ZX: A network file system for high-latency networks
(Wiley, 2018) Ballesteros, Francisco J.; Guardiola Múzquiz, Gorka; Soriano-Salvador, Enrique
Using a central file server is good for interactive access to files, because of the coherency implied by a centralized design. In fact, within local area networks, this is a common case. However, distributed environments in use today may exhibit round-trip times on the order of 50 or 100 ms. This is a problem for interactive file access to a central file server because of the resulting access times. Although aggressive caching and loosely synchronized replicas may be used for distributed file access, there are cases where the better coherency provided by a central server is still desirable. In this paper, we present ZX, a distributed file system and protocol designed with latency in mind. It can use caching, but it does not require caching or batching to address latency issues.
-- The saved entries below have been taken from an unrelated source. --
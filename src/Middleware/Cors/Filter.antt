-- ===== src/Middleware/Cors/Filter.antt =====
-- What the filter does to requests with an allowed origin, and to all others.
use go_infrastructure.Prelude.{
  ◌≡◌, ◌⊎◌, inl, inr, refl, ap, ◌∙◌, Bool, true, false, Bool-cases, not, ◌&&◌, some, [], ◌∷◌, ℤ,
  pos, GoString, codes, is_empty, eq_str, join, lookup, lookup-insert, eq_str_refl, leb_ℤ,
  if◌then◌else◌,
}
use go_infrastructure.Middleware.Cors.{
  HttpHeader, Options, Request, Response, HttpHandler, origin_allowed, origin_headers,
  preflight_headers, filter, is_preflight, allow_origin, vary, allow_credentials, expose_headers,
  allow_methods, allow_headers, max_age, set_header, add_header,
}

lookup-set_header :
    (k j v : GoString) (h : HttpHeader)
    → lookup j (set_header k v h) ≡ (if eq_str k j then some (v ∷ []) else lookup j h)
unfolding set_header
lookup-set_header k j v h = lookup-insert k j (v ∷ []) h

set_header_other :
    (k j v : GoString) (h : HttpHeader)
    → eq_str k j ≡ false
    → lookup j (set_header k v h) ≡ lookup j h
set_header_other k j v h e = lookup-set_header k j v h ∙ rw e

set_header_self : (k v : GoString) (h : HttpHeader) → lookup k (set_header k v h) ≡ some (v ∷ [])
set_header_self k v h = lookup-set_header k k v h ∙ rw (eq_str_refl k)

lookup-add_header :
    (k j v : GoString) (h : HttpHeader)
    → eq_str k j ≡ false
    → lookup j (add_header k v h) ≡ lookup j h
unfolding add_header
lookup-add_header k j v h e = lookup-insert k j _ h ∙ rw e

-- The value of Access-Control-Allow-Origin.
abbrev pub granted : Options → GoString → GoString
granted o origin = if o.allow_any_origin && not o.credentials then codes "*" else origin

-- The header names differ.
allow_origin-vary : eq_str vary allow_origin ≡ false
unfolding eq_str
allow_origin-vary = refl

allow_origin-allow_credentials : eq_str allow_credentials allow_origin ≡ false
unfolding eq_str
allow_origin-allow_credentials = refl

allow_origin-expose_headers : eq_str expose_headers allow_origin ≡ false
unfolding eq_str
allow_origin-expose_headers = refl

max_age_other : eq_str max_age allow_methods ≡ false
unfolding eq_str
max_age_other = refl

headers_other : eq_str allow_headers allow_methods ≡ false
unfolding eq_str
headers_other = refl

set_if :
    (b : Bool) (k j v : GoString) (h : HttpHeader)
    → eq_str k j ≡ false
    → lookup j (if b then set_header k v h else h) ≡ lookup j h
set_if true k j v h e = set_header_other k j v h e
set_if false k j v h e = refl

set_unless :
    (b : Bool) (k j v : GoString) (h : HttpHeader)
    → eq_str k j ≡ false
    → lookup j (if b then h else set_header k v h) ≡ lookup j h
set_unless false k j v h e = set_header_other k j v h e
set_unless true k j v h e = refl

first_header :
    (b : Bool) (origin : GoString) (h : HttpHeader)
    → lookup allow_origin (
        if b
        then set_header allow_origin (codes "*") h
        else add_header vary (codes "Origin") (set_header allow_origin origin h))
      ≡ some ((if b then codes "*" else origin) ∷ [])
first_header true origin h = set_header_self allow_origin (codes "*") h
first_header false origin h =
    lookup-add_header vary allow_origin (codes "Origin") _ allow_origin-vary
    ∙ set_header_self allow_origin origin h

origin_headers-allow_origin :
    (o : Options) (origin : GoString) (h : HttpHeader)
    → lookup allow_origin (origin_headers o origin h) ≡ some (granted o origin ∷ [])
unfolding origin_headers
origin_headers-allow_origin o origin h =
    set_unless (is_empty (join o.exposed_headers (codes ", "))) expose_headers allow_origin _ _
      allow_origin-expose_headers
    ∙ set_if o.credentials allow_credentials allow_origin _ _ allow_origin-allow_credentials
    ∙ first_header (o.allow_any_origin && not o.credentials) origin h

module _ (max_age_hdr : ℤ → GoString) where
  preflight-other :
      (o : Options) (j : GoString) (h : HttpHeader)
      → eq_str allow_methods j ≡ false
      → eq_str allow_headers j ≡ false
      → eq_str max_age j ≡ false
      → lookup j (preflight_headers max_age_hdr o h) ≡ lookup j h
  unfolding preflight_headers
  preflight-other o j h m a x =
      set_unless (leb_ℤ o.cache_lifetime (pos 0)) max_age j _ _ x
      ∙ set_header_other allow_headers j _ _ a
      ∙ set_header_other allow_methods j _ _ m

  preflight-allow_origin :
      (o : Options) (h : HttpHeader)
      → lookup allow_origin (preflight_headers max_age_hdr o h) ≡ lookup allow_origin h
  unfolding eq_str
  preflight-allow_origin o h = preflight-other o allow_origin h refl refl refl

  preflight-allow_methods :
      (o : Options) (h : HttpHeader)
      → lookup allow_methods (preflight_headers max_age_hdr o h)
        ≡ some (join o.allowed_methods (codes ", ") ∷ [])
  unfolding preflight_headers
  preflight-allow_methods o h =
      set_unless (leb_ℤ o.cache_lifetime (pos 0)) max_age allow_methods _ _ max_age_other
      ∙ set_header_other allow_headers allow_methods _ _ headers_other
      ∙ set_header_self allow_methods _ _

  filter-answer :
      {W : Type 0} (o : Options) (next : HttpHandler W) (r : Request) (w : Response W)
      → is_empty (r.get (codes "Origin")) ≡ false
      → origin_allowed o (r.get (codes "Origin")) ≡ true
      → is_preflight r ≡ true
      → filter max_age_hdr o next r w ≡ record w {
        header =
            preflight_headers max_age_hdr o (origin_headers o (r.get (codes "Origin")) w.header);
        status = some 204;
      }
  unfolding filter
  filter-answer o next r w n a p = rw (n, a, p)

  -- A request with no origin, or with one that the options do not allow, goes to the handler behind
  -- with the response untouched.
  pub filter-pass :
      {W : Type 0} (o : Options) (next : HttpHandler W) (r : Request) (w : Response W)
      → (r.get (codes "Origin") ≡ []) ⊎ (origin_allowed o (r.get (codes "Origin")) ≡ false)
      → filter max_age_hdr o next r w ≡ next r w
  unfolding filter
  filter-pass o next r w (inl e) = rw e
  filter-pass o next r w (inr e) = elim (Bool-cases (is_empty (r.get (codes "Origin")))) [
    | inl t ↦ rw t
    | inr f ↦ rw (f, e)
  ]

  -- A request of an allowed origin that is no preflight goes to the handler behind, and the response
  -- has by then the granted origin: the wildcard where any origin is allowed without credentials,
  -- else the origin of the request.
  pub filter-actual :
      {W : Type 0} (o : Options) (next : HttpHandler W) (r : Request) (w : Response W)
      → is_empty (r.get (codes "Origin")) ≡ false
      → origin_allowed o (r.get (codes "Origin")) ≡ true
      → is_preflight r ≡ false
      → (h : HttpHeader) × (filter max_age_hdr o next r w ≡ next r (record w { header = h }))
        × (lookup allow_origin h ≡ some (granted o (r.get (codes "Origin")) ∷ []))
  unfolding filter
  filter-actual o next r w n a p = (
    origin_headers o (r.get (codes "Origin")) w.header,
    rw (n, a, p),
    origin_headers-allow_origin o _ w.header,
  )

  -- A preflight of an allowed origin is answered with status 204, whatever the handler behind, which
  -- changes nothing; the response has the granted origin and the configured methods.
  pub filter-preflight :
      {W : Type 0} (o : Options) (next : HttpHandler W) (r : Request) (w : Response W)
      → is_empty (r.get (codes "Origin")) ≡ false
      → origin_allowed o (r.get (codes "Origin")) ≡ true
      → is_preflight r ≡ true
      → ((filter max_age_hdr o next r w).status ≡ some 204)
        × ((filter max_age_hdr o next r w).rest ≡ w.rest)
        × (lookup allow_origin (filter max_age_hdr o next r w).header
            ≡ some (granted o (r.get (codes "Origin")) ∷ []))
        × (lookup allow_methods (filter max_age_hdr o next r w).header
            ≡ some (join o.allowed_methods (codes ", ") ∷ []))
  filter-preflight o next r w n a p =
      let e = filter-answer o next r w n a p in
      (
        ap (λ x. x.status) e,
        ap (λ x. x.rest) e,
        ap (λ x. lookup allow_origin x.header) e
            ∙ preflight-allow_origin o _
            ∙ origin_headers-allow_origin o _ w.header,
        ap (λ x. lookup allow_methods x.header) e ∙ preflight-allow_methods o _,
      )
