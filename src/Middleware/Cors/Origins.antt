-- ===== src/Middleware/Cors/Origins.antt =====
-- Which origins the options allow.
use go_infrastructure.Prelude.{
  ◌≡◌, ◌∙◌, arith, ◌||◌, List, [], ◌∷◌, GoString, codes, eq_str, eq_str_iff,
}
use go_infrastructure.Middleware.Cors.{
  Options, with_allowed_origins, origin_allowed, has_member, add_origin,
}

abbrev pub wildcard : GoString
wildcard = codes "*"

add_origin-origin_allowed :
    (origin : GoString) (o : Options) (x : GoString)
    → origin_allowed (add_origin origin o) x
      ≡ (origin_allowed o x || (eq_str wildcard origin || eq_str x origin))
unfolding origin_allowed
add_origin-origin_allowed origin o x =
    ground (arith, eq_str_iff origin wildcard, eq_str_iff wildcard origin, eq_str_iff x origin)

-- An origin is allowed after `WithAllowedOrigins` exactly where it was before, or the argument has
-- the wildcard, or it has the origin itself.
pub with_allowed_origins-origin_allowed :
    (origins : List GoString) (o : Options) (x : GoString)
    → origin_allowed (with_allowed_origins origins o) x
      ≡ (origin_allowed o x || (has_member wildcard origins || has_member x origins))
unfolding with_allowed_origins origin_allowed
with_allowed_origins-origin_allowed [] o x = ground arith
with_allowed_origins-origin_allowed (origin ∷ origins) o x =
    with_allowed_origins-origin_allowed origins _ x
    ∙ ground (arith, add_origin-origin_allowed origin o x)
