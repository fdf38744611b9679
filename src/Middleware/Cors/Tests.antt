-- ===== src/Middleware/Cors/Tests.antt =====
-- The cross-origin theorems at one preflight and one plain request.
use go_infrastructure.Prelude.{
  ℕ, ◌≡◌, inl, refl, true, ◌||◌, none, some, [], ◌∷◌, GoString, codes, eq_str, lookup, join, ℤ,
  if◌then◌else◌,
}
use go_infrastructure.Middleware.Cors.{
  HttpHeader, Options, Request, Response, HttpHandler, filter, with_allowed_origins, origin_allowed,
  has_member, default_options, allow_origin, allow_methods,
}
use go_infrastructure.Middleware.Cors.Origins.{wildcard, with_allowed_origins-origin_allowed}
use go_infrastructure.Middleware.Cors.Filter.{filter-pass, filter-actual, filter-preflight}

abbrev app : GoString
app = codes "https://app"

abbrev one_origin : Options
one_origin = record default_options { allowed_origins = app ∷ [] }

abbrev printed : ℤ → GoString
printed d = codes "600"

abbrev request : GoString → GoString → Request
request method origin = record {
  method = method;
  get = λ k.
      if eq_str k (codes "Origin")
      then origin
      else if eq_str k (codes "Access-Control-Request-Method")
      then codes "PUT"
      else [];
}

abbrev blank : Response ℕ
blank = record { header = []; status = none; rest = 0 }

abbrev upstream : HttpHandler ℕ
upstream r w = record w { status = some 200; rest = 1 }

with_allowed_origins-origin_allowed_run :
    origin_allowed (with_allowed_origins (app ∷ []) default_options) app ≡ (
      origin_allowed default_options app
      || (has_member wildcard (app ∷ []) || has_member app (app ∷ [])))
with_allowed_origins-origin_allowed_run =
    with_allowed_origins-origin_allowed (app ∷ []) default_options app

origin_run : origin_allowed (with_allowed_origins (app ∷ []) default_options) app ≡ true
unfolding origin_allowed with_allowed_origins eq_str
origin_run = refl

filter-pass_run :
    filter printed one_origin upstream (request (codes "GET") []) blank
    ≡ upstream (request (codes "GET") []) blank
unfolding eq_str
filter-pass_run =
    filter-pass printed one_origin upstream (request (codes "GET") []) blank (inl refl)

filter-actual_run :
    (h : HttpHeader) × (filter printed one_origin upstream (request (codes "GET") app) blank
      ≡ upstream (request (codes "GET") app) (record blank { header = h }))
    × (lookup allow_origin h ≡ some (app ∷ []))
unfolding eq_str origin_allowed
filter-actual_run =
    filter-actual printed one_origin upstream (request (codes "GET") app) blank refl refl refl

filter-preflight_run :
    ((filter printed one_origin upstream (request (codes "OPTIONS") app) blank).status ≡ some 204)
    × ((filter printed one_origin upstream (request (codes "OPTIONS") app) blank).rest ≡ 0)
    × (lookup allow_origin
          (filter printed one_origin upstream (request (codes "OPTIONS") app) blank).header
        ≡ some (app ∷ []))
    × (lookup allow_methods
          (filter printed one_origin upstream (request (codes "OPTIONS") app) blank).header
        ≡ some (join one_origin.allowed_methods (codes ", ") ∷ []))
unfolding eq_str origin_allowed
filter-preflight_run =
    filter-preflight printed one_origin upstream (request (codes "OPTIONS") app) blank refl refl
      refl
ZX relies on a novel channel-based file system interface. It includes find requests and leverages streaming requests to work well under high-latency conditions. Unlike other protocols designed for distributed access to a central server, ZX tolerates round-trip times on the order of 50 or 100 ms to access a central file server for interactive usage such as compiling shared sources, running binaries, editing documents, and other similar workloads. It can be used on UNIX using a FUSE adaptor while permitting native ZX speakers to run faster.